PROBLEM DESCRIPTION:
Go through the data and copy each line where the word "XcbcSpec" shows up.

Saved entries:
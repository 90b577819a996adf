-- ===== src/Validate/HashSpec.antt =====
-- The conditions that `is_job_invalid` of lib/include/mb_mgr_code.h enforces on the hash part of a job, one for
-- each algorithm. Tag lengths are named for each algorithm here; the code keeps them in two tables. The
-- conditions follow the code where it departs from lib/intel-ipsec-mb.h and from its own comments:
--   * IMB_JOB gives a maximum of 65496 bytes to hash. The code takes 65534, and more for GCM, GMAC, SNOW3G and
--     POLY1305.
--   * DOCSIS CRC32: the comment asks for a cipher that starts at most 12 bytes behind the hash; the code refuses
--     less than 12 and takes more, with a sum that wraps at 64 bits. In-place operation is not tested.
--   * KASUMI-UIA1: the comment asks for at least 8 bytes, the code for 9.
--   * CMAC: the comment names tags of 128, 96 and 32 bits; the code takes any length from 4 to 16 bytes.
--   * PON: the comment says that the tag is a 32-bit value only; the code asks for 8 bytes.
--   * The pointers of HMAC and XCBC in `u` are not tested, nor is the 16-byte alignment of any pointer.
use intel_ipsec_mb.Base.{ℕ, ◌+◌, ◌%◌, ◌^◌, ◌≤◌, ◌<◌, ◌≡◌, ◌≢◌, ◌⊎◌, List, [], ◌∷◌, false}
use intel_ipsec_mb.Job.{
  Job, CipherMode, HashAlg, ChainOrder, is_encrypt, is_decrypt, aad, aad_len, cmac_key_expanded,
  cmac_skey1, cmac_skey2, auth_key, auth_iv, gmac_iv_len,
}
use intel_ipsec_mb.Validate.Spec.{OneOf, max16}

-- The tag lengths that an algorithm of variable tag length takes: its digest, truncated for IPsec or whole.
abbrev pub tag_lens : HashAlg → List ℕ
tag_lens HashAlg.hmac_sha_1 = 12 ∷ 20 ∷ []
tag_lens HashAlg.hmac_sha_224 = 14 ∷ 28 ∷ []
tag_lens HashAlg.hmac_sha_256 = 16 ∷ 32 ∷ []
tag_lens HashAlg.hmac_sha_384 = 24 ∷ 48 ∷ []
tag_lens HashAlg.hmac_sha_512 = 32 ∷ 64 ∷ []
tag_lens HashAlg.md5 = 12 ∷ 16 ∷ []
tag_lens HashAlg.aes_xcbc = 12 ∷ []
tag_lens HashAlg.sha_1 = 20 ∷ []
tag_lens HashAlg.sha_224 = 28 ∷ []
tag_lens HashAlg.sha_256 = 32 ∷ []
tag_lens HashAlg.sha_384 = 48 ∷ []
tag_lens HashAlg.sha_512 = 64 ∷ []
tag_lens _ = []

-- Additional data that is not empty is there.
abbrev pub HasAad : Job → Type 0
HasAad job = (aad_len job ≡ 0) ⊎ (aad job ≢ 0)

-- The ciphered part of a DOCSIS frame lies in the hashed part, behind its addresses. The comment of the source
-- asks for `≤` in the other direction between the offsets.
abbrev pub DocsisOverlap : Job → Type 0
DocsisOverlap job =
    ((job.msg_len_to_cipher + 8) % 2 ^ 64 ≤ job.msg_len_to_hash)
    × ((job.hash_start_src_offset + 12) % 2 ^ 64 ≤ job.cipher_start_src_offset)

abbrev pub HmacSpec : HashAlg → Job → Type 0
HmacSpec alg job =
    (job.src ≢ 0)
    × OneOf job.auth_tag_output_len (tag_lens alg)
    × (0 < job.msg_len_to_hash)
    × (job.msg_len_to_hash ≤ max16)
    × (job.auth_tag_output ≢ 0)

abbrev pub XcbcSpec : Job → Type 0
XcbcSpec job =
    (job.src ≢ 0)
    × (job.auth_tag_output_len ≡ 12)
    × (job.msg_len_to_hash ≤ max16)
    × (job.auth_tag_output ≢ 0)

abbrev pub GcmTagSpec : Job → Type 0
GcmTagSpec job =
    (1 ≤ job.auth_tag_output_len)
    × (job.auth_tag_output_len ≤ 16)
    × HasAad job
    × (job.cipher_mode ≡ CipherMode.gcm)
    × (job.auth_tag_output ≢ 0)

abbrev pub GmacSpec : Job → Type 0
GmacSpec job =
    (1 ≤ job.auth_tag_output_len)
    × (job.auth_tag_output_len ≤ 16)
    × (job.auth_tag_output ≢ 0)
    × (job.cipher_mode ≢ CipherMode.gcm)
    × (auth_key job ≢ 0)
    × (auth_iv job ≢ 0)
    × (0 < gmac_iv_len job)
    × ((job.msg_len_to_hash ≡ 0) ⊎ (job.src ≢ 0))

abbrev pub CustomHashSpec : Job → Type 0
CustomHashSpec job = (job.hash_func ≢ 0)

abbrev pub CcmTagSpec : Job → Type 0
CcmTagSpec job =
    ((job.msg_len_to_hash ≡ 0) ⊎ (job.src ≢ 0))
    × (aad_len job ≤ 46)
    × HasAad job
    × (4 ≤ job.auth_tag_output_len)
    × (job.auth_tag_output_len ≤ 16)
    × (job.auth_tag_output_len % 2 ≡ 0)
    × (job.cipher_mode ≡ CipherMode.ccm)
    × (job.msg_len_to_hash ≤ max16)
    × (job.msg_len_to_cipher ≡ job.msg_len_to_hash)
    × (job.cipher_start_src_offset ≡ job.hash_start_src_offset)
    × (job.auth_tag_output ≢ 0)

-- Any length of tag in the range, not only 4, 12 and 16
abbrev pub CmacSpec : Job → Type 0
CmacSpec job =
    (job.src ≢ 0)
    × (cmac_key_expanded job ≢ 0)
    × (cmac_skey1 job ≢ 0)
    × (cmac_skey2 job ≢ 0)
    × (4 ≤ job.auth_tag_output_len)
    × (job.auth_tag_output_len ≤ 16)
    × (job.auth_tag_output ≢ 0)
    × (job.msg_len_to_hash ≤ max16)

abbrev pub ShaSpec : HashAlg → Job → Type 0
ShaSpec alg job =
    OneOf job.auth_tag_output_len (tag_lens alg)
    × (job.src ≢ 0)
    × (job.auth_tag_output ≢ 0)
    × (job.msg_len_to_hash ≤ max16)

-- 8 bytes of tag: the BIP and the CRC, 32 bits each
abbrev pub PonTagSpec : Job → Type 0
PonTagSpec job =
    (job.msg_len_to_hash % 4 ≡ 0)
    × (8 ≤ job.msg_len_to_hash)
    × (job.msg_len_to_hash ≤ 2 ^ 14 + 8)
    × (job.auth_tag_output_len ≡ 8)
    × (job.cipher_mode ≡ CipherMode.pon_aes_cntr)
    × (job.auth_tag_output ≢ 0)

abbrev pub ZucEia3Spec : Job → Type 0
ZucEia3Spec job =
    (job.src ≢ 0)
    × (1 ≤ job.msg_len_to_hash)
    × (job.msg_len_to_hash ≤ 65504)
    × (auth_key job ≢ 0)
    × (auth_iv job ≢ 0)
    × (job.auth_tag_output_len ≡ 4)
    × (job.auth_tag_output ≢ 0)

-- Source and destination are free.
abbrev pub DocsisCrc32Spec : Job → Type 0
DocsisCrc32Spec job =
    (job.cipher_mode ≡ CipherMode.docsis_sec_bpi)
    × ((job.msg_len_to_cipher ≡ 0) ⊎ (job.msg_len_to_hash ≡ 0) ⊎ DocsisOverlap job)
    × (job.msg_len_to_hash ≤ max16)
    × (job.auth_tag_output ≢ 0)
    × (job.auth_tag_output_len ≡ 4)
    × ((is_encrypt job.cipher_direction ≡ false) ⊎ (job.chain_order ≡ ChainOrder.hash_cipher))
    × ((is_decrypt job.cipher_direction ≡ false) ⊎ (job.chain_order ≡ ChainOrder.cipher_hash))

abbrev pub Snow3gUia2Spec : Job → Type 0
Snow3gUia2Spec job =
    (job.src ≢ 0)
    × (0 < job.msg_len_to_hash)
    × (job.msg_len_to_hash < 2 ^ 32)
    × (auth_key job ≢ 0)
    × (auth_iv job ≢ 0)
    × (job.auth_tag_output_len ≡ 4)
    × (job.auth_tag_output ≢ 0)

-- KASUMI_BLOCK_SIZE + 1 bytes at least, one more than the comment of the source
abbrev pub KasumiUia1Spec : Job → Type 0
KasumiUia1Spec job =
    (job.src ≢ 0)
    × (9 ≤ job.msg_len_to_hash)
    × (job.msg_len_to_hash ≤ 2500)
    × (auth_key job ≢ 0)
    × (job.auth_tag_output_len ≡ 4)
    × (job.auth_tag_output ≢ 0)

abbrev pub Poly1305Spec : Job → Type 0
Poly1305Spec job =
    (job.src ≢ 0) × (auth_key job ≢ 0) × (job.auth_tag_output ≢ 0) × (job.auth_tag_output_len ≡ 16)

abbrev pub AeadPoly1305Spec : Job → Type 0
AeadPoly1305Spec job =
    (job.cipher_mode ≡ CipherMode.chacha20_poly1305)
    × (job.src ≢ 0)
    × HasAad job
    × (job.auth_tag_output ≢ 0)
    × (job.auth_tag_output_len ≡ 16)

abbrev pub HashSpec : HashAlg → Job → Type 0
HashSpec HashAlg.hmac_sha_1 job = HmacSpec HashAlg.hmac_sha_1 job
HashSpec HashAlg.hmac_sha_224 job = HmacSpec HashAlg.hmac_sha_224 job
HashSpec HashAlg.hmac_sha_256 job = HmacSpec HashAlg.hmac_sha_256 job
HashSpec HashAlg.hmac_sha_384 job = HmacSpec HashAlg.hmac_sha_384 job
HashSpec HashAlg.hmac_sha_512 job = HmacSpec HashAlg.hmac_sha_512 job
HashSpec HashAlg.md5 job = HmacSpec HashAlg.md5 job
HashSpec HashAlg.aes_xcbc job = XcbcSpec job
HashSpec HashAlg.null_hash job = Unit {0}
HashSpec HashAlg.aes_gmac job = GcmTagSpec job
HashSpec HashAlg.custom_hash job = CustomHashSpec job
HashSpec HashAlg.aes_ccm job = CcmTagSpec job
HashSpec HashAlg.aes_cmac job = CmacSpec job
HashSpec HashAlg.aes_cmac_bitlen job = CmacSpec job
HashSpec HashAlg.aes_cmac_256 job = CmacSpec job
HashSpec HashAlg.sha_1 job = ShaSpec HashAlg.sha_1 job
HashSpec HashAlg.sha_224 job = ShaSpec HashAlg.sha_224 job
HashSpec HashAlg.sha_256 job = ShaSpec HashAlg.sha_256 job
HashSpec HashAlg.sha_384 job = ShaSpec HashAlg.sha_384 job
HashSpec HashAlg.sha_512 job = ShaSpec HashAlg.sha_512 job
HashSpec HashAlg.pon_crc_bip job = PonTagSpec job
HashSpec HashAlg.zuc_eia3_bitlen job = ZucEia3Spec job
HashSpec HashAlg.docsis_crc32 job = DocsisCrc32Spec job
HashSpec HashAlg.snow3g_uia2_bitlen job = Snow3gUia2Spec job
HashSpec HashAlg.kasumi_uia1 job = KasumiUia1Spec job
HashSpec HashAlg.aes_gmac_128 job = GmacSpec job
HashSpec HashAlg.aes_gmac_192 job = GmacSpec job
HashSpec HashAlg.aes_gmac_256 job = GmacSpec job
HashSpec HashAlg.poly1305 job = Poly1305Spec job
HashSpec HashAlg.auth_chacha20_poly1305 job = AeadPoly1305Spec job
HashSpec (HashAlg.unnamed_hash n) job = ⊥
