-- ===== src/Validate/HashLaws.antt =====
-- Each case of the switch over `hash_alg` accepts the jobs of its condition, and no others. Where the
-- case reads the tables of tag lengths, the algorithm of the job is a hypothesis.
use intel_ipsec_mb.Base.{◌≡◌, ◌↔◌, ap, arith}
use intel_ipsec_mb.Base.Bits.{low_bit, two_low_bits}
use intel_ipsec_mb.Job.{Job, HashAlg, hash_code}
use intel_ipsec_mb.Validate.Outcome.{ok}
use intel_ipsec_mb.Validate.Hash.{
  check_hmac, check_xcbc, check_gcm_tag, check_gmac, check_custom_hash, check_ccm_tag, check_cmac,
  check_sha, check_pon_tag, check_zuc_eia3, check_docsis_crc32, check_docsis_lens,
  check_snow3g_uia2, check_kasumi_uia1, check_poly1305, check_chacha20_poly1305_tag, check_tag_len,
  check_fips, check_ipsec_len,
}
use intel_ipsec_mb.Validate.HashSpec.{
  HmacSpec, XcbcSpec, GcmTagSpec, GmacSpec, CustomHashSpec, CcmTagSpec, CmacSpec, ShaSpec,
  PonTagSpec, ZucEia3Spec, DocsisCrc32Spec, Snow3gUia2Spec, KasumiUia1Spec, Poly1305Spec,
  AeadPoly1305Spec,
}

pub hmac_sha_1_iff :
    (job : Job)
    → job.hash_alg ≡ HashAlg.hmac_sha_1
    → (check_hmac job ≡ ok tt) ↔ HmacSpec HashAlg.hmac_sha_1 job
unfolding check_hmac check_tag_len check_fips
hmac_sha_1_iff job e = ground (arith, ap hash_code e)

pub hmac_sha_224_iff :
    (job : Job)
    → job.hash_alg ≡ HashAlg.hmac_sha_224
    → (check_hmac job ≡ ok tt) ↔ HmacSpec HashAlg.hmac_sha_224 job
unfolding check_hmac check_tag_len check_fips
hmac_sha_224_iff job e = ground (arith, ap hash_code e)

pub hmac_sha_256_iff :
    (job : Job)
    → job.hash_alg ≡ HashAlg.hmac_sha_256
    → (check_hmac job ≡ ok tt) ↔ HmacSpec HashAlg.hmac_sha_256 job
unfolding check_hmac check_tag_len check_fips
hmac_sha_256_iff job e = ground (arith, ap hash_code e)

pub hmac_sha_384_iff :
    (job : Job)
    → job.hash_alg ≡ HashAlg.hmac_sha_384
    → (check_hmac job ≡ ok tt) ↔ HmacSpec HashAlg.hmac_sha_384 job
unfolding check_hmac check_tag_len check_fips
hmac_sha_384_iff job e = ground (arith, ap hash_code e)

pub hmac_sha_512_iff :
    (job : Job)
    → job.hash_alg ≡ HashAlg.hmac_sha_512
    → (check_hmac job ≡ ok tt) ↔ HmacSpec HashAlg.hmac_sha_512 job
unfolding check_hmac check_tag_len check_fips
hmac_sha_512_iff job e = ground (arith, ap hash_code e)

pub md5_iff :
    (job : Job) → job.hash_alg ≡ HashAlg.md5 → (check_hmac job ≡ ok tt) ↔ HmacSpec HashAlg.md5 job
unfolding check_hmac check_tag_len check_fips
md5_iff job e = ground (arith, ap hash_code e)

pub xcbc_iff :
    (job : Job) → job.hash_alg ≡ HashAlg.aes_xcbc → (check_xcbc job ≡ ok tt) ↔ XcbcSpec job
unfolding check_xcbc check_tag_len check_fips
xcbc_iff job e = ground (arith, ap hash_code e)

pub sha_1_iff :
    (job : Job) → job.hash_alg ≡ HashAlg.sha_1 → (check_sha job ≡ ok tt) ↔ ShaSpec HashAlg.sha_1 job
unfolding check_sha check_ipsec_len
sha_1_iff job e = ground (arith, ap hash_code e)

pub sha_224_iff :
    (job : Job)
    → job.hash_alg ≡ HashAlg.sha_224
    → (check_sha job ≡ ok tt) ↔ ShaSpec HashAlg.sha_224 job
unfolding check_sha check_ipsec_len
sha_224_iff job e = ground (arith, ap hash_code e)

pub sha_256_iff :
    (job : Job)
    → job.hash_alg ≡ HashAlg.sha_256
    → (check_sha job ≡ ok tt) ↔ ShaSpec HashAlg.sha_256 job
unfolding check_sha check_ipsec_len
sha_256_iff job e = ground (arith, ap hash_code e)

pub sha_384_iff :
    (job : Job)
    → job.hash_alg ≡ HashAlg.sha_384
    → (check_sha job ≡ ok tt) ↔ ShaSpec HashAlg.sha_384 job
unfolding check_sha check_ipsec_len
sha_384_iff job e = ground (arith, ap hash_code e)

pub sha_512_iff :
    (job : Job)
    → job.hash_alg ≡ HashAlg.sha_512
    → (check_sha job ≡ ok tt) ↔ ShaSpec HashAlg.sha_512 job
unfolding check_sha check_ipsec_len
sha_512_iff job e = ground (arith, ap hash_code e)

pub pon_tag_iff :
    (job : Job) → job.hash_alg ≡ HashAlg.pon_crc_bip → (check_pon_tag job ≡ ok tt) ↔ PonTagSpec job
unfolding check_pon_tag check_ipsec_len
pon_tag_iff job e = ground (arith, ap hash_code e, two_low_bits job.msg_len_to_hash)

pub docsis_crc32_iff :
    (job : Job)
    → job.hash_alg ≡ HashAlg.docsis_crc32
    → (check_docsis_crc32 job ≡ ok tt) ↔ DocsisCrc32Spec job
unfolding check_docsis_crc32 check_docsis_lens check_ipsec_len
docsis_crc32_iff job e = ground (arith, ap hash_code e)

pub ccm_tag_iff : (job : Job) → (check_ccm_tag job ≡ ok tt) ↔ CcmTagSpec job
unfolding check_ccm_tag
ccm_tag_iff job = ground (arith, low_bit job.auth_tag_output_len)

pub gcm_tag_iff : (job : Job) → (check_gcm_tag job ≡ ok tt) ↔ GcmTagSpec job
unfolding check_gcm_tag
gcm_tag_iff job = ground arith

pub gmac_iff : (job : Job) → (check_gmac job ≡ ok tt) ↔ GmacSpec job
unfolding check_gmac
gmac_iff job = ground arith

pub custom_hash_iff : (job : Job) → (check_custom_hash job ≡ ok tt) ↔ CustomHashSpec job
unfolding check_custom_hash
custom_hash_iff job = ground arith

pub cmac_iff : (job : Job) → (check_cmac job ≡ ok tt) ↔ CmacSpec job
unfolding check_cmac
cmac_iff job = ground arith

pub zuc_eia3_iff : (job : Job) → (check_zuc_eia3 job ≡ ok tt) ↔ ZucEia3Spec job
unfolding check_zuc_eia3
zuc_eia3_iff job = ground arith

pub snow3g_uia2_iff : (job : Job) → (check_snow3g_uia2 job ≡ ok tt) ↔ Snow3gUia2Spec job
unfolding check_snow3g_uia2
snow3g_uia2_iff job = ground arith

pub kasumi_uia1_iff : (job : Job) → (check_kasumi_uia1 job ≡ ok tt) ↔ KasumiUia1Spec job
unfolding check_kasumi_uia1
kasumi_uia1_iff job = ground arith

pub poly1305_iff : (job : Job) → (check_poly1305 job ≡ ok tt) ↔ Poly1305Spec job
unfolding check_poly1305
poly1305_iff job = ground arith

pub chacha20_poly1305_tag_iff :
    (job : Job) → (check_chacha20_poly1305_tag job ≡ ok tt) ↔ AeadPoly1305Spec job
unfolding check_chacha20_poly1305_tag
chacha20_poly1305_tag_iff job = ground arith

PROBLEM SOLUTION:
abbrev pub XcbcSpec : Job → Type 0
XcbcSpec job =
HashSpec HashAlg.aes_xcbc job = XcbcSpec job
  HmacSpec, XcbcSpec, GcmTagSpec, GmacSpec, CustomHashSpec, CcmTagSpec, CmacSpec, ShaSpec,
    (job : Job) → job.hash_alg ≡ HashAlg.aes_xcbc → (check_xcbc job ≡ ok tt) ↔ XcbcSpec job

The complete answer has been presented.